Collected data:
((
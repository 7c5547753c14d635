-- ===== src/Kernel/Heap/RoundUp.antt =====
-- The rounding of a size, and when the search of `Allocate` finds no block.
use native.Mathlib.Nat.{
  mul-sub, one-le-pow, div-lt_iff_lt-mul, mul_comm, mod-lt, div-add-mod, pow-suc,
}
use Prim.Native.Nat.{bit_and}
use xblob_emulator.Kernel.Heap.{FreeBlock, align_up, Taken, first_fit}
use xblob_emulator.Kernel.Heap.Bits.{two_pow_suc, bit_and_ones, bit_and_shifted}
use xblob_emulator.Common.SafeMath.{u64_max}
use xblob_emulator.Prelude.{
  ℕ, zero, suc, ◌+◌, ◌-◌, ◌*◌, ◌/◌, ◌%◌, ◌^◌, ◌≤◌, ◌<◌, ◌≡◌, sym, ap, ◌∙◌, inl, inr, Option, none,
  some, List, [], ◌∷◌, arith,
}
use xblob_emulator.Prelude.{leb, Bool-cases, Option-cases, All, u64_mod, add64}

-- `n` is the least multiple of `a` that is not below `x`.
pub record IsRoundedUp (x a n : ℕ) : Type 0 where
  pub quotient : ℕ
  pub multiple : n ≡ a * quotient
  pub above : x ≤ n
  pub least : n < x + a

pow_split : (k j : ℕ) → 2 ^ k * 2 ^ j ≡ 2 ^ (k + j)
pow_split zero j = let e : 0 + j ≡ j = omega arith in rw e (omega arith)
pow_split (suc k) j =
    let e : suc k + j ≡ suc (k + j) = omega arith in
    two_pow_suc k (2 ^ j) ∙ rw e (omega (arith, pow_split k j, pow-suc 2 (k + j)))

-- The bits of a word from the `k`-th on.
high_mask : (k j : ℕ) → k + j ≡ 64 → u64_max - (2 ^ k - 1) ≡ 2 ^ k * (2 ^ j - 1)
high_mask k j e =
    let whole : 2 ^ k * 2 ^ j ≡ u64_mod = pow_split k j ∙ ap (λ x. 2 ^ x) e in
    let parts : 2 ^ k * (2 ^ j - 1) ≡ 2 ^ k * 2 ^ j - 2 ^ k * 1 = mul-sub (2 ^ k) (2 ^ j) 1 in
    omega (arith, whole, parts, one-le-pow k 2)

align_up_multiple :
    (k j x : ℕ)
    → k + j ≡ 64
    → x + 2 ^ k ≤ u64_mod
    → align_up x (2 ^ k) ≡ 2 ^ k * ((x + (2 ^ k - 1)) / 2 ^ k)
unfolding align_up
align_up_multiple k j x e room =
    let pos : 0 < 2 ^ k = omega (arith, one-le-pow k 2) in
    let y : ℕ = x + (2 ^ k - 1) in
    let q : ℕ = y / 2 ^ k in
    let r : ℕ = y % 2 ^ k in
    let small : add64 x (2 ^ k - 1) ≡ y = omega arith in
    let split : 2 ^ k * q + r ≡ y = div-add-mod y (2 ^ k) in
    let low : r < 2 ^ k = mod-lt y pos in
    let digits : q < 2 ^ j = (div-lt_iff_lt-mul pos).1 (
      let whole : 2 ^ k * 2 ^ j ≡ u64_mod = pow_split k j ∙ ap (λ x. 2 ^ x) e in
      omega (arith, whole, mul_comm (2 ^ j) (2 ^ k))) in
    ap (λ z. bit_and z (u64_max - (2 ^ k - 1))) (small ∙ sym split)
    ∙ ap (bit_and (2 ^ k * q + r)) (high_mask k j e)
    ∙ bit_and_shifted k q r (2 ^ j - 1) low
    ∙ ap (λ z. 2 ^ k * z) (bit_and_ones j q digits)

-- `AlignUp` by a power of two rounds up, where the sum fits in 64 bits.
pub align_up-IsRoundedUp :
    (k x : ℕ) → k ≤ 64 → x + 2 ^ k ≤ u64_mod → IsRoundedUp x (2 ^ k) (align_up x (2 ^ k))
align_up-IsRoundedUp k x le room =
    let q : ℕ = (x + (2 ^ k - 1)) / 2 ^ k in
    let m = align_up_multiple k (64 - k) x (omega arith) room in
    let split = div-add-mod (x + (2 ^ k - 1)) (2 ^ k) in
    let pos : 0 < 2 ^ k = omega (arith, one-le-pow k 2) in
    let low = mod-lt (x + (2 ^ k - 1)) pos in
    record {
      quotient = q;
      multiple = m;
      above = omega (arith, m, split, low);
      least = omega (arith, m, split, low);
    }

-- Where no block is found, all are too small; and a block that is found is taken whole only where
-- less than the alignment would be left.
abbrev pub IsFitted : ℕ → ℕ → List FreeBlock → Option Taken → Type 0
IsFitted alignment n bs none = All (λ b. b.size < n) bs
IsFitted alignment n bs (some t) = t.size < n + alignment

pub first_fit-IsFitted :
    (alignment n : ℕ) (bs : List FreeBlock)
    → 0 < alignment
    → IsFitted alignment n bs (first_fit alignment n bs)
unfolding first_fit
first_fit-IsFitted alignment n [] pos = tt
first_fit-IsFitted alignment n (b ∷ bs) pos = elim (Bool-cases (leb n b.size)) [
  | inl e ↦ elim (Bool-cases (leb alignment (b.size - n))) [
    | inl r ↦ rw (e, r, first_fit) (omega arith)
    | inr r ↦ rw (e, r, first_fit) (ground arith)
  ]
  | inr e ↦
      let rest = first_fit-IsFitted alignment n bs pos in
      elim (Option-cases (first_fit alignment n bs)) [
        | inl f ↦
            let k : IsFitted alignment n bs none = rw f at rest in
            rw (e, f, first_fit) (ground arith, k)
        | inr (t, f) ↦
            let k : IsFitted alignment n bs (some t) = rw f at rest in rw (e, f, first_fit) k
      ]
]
))
* _Aim of the exercise_:
State the number of lines in the records that hold the string "Heap", and add nothing.

* _Reply_:
3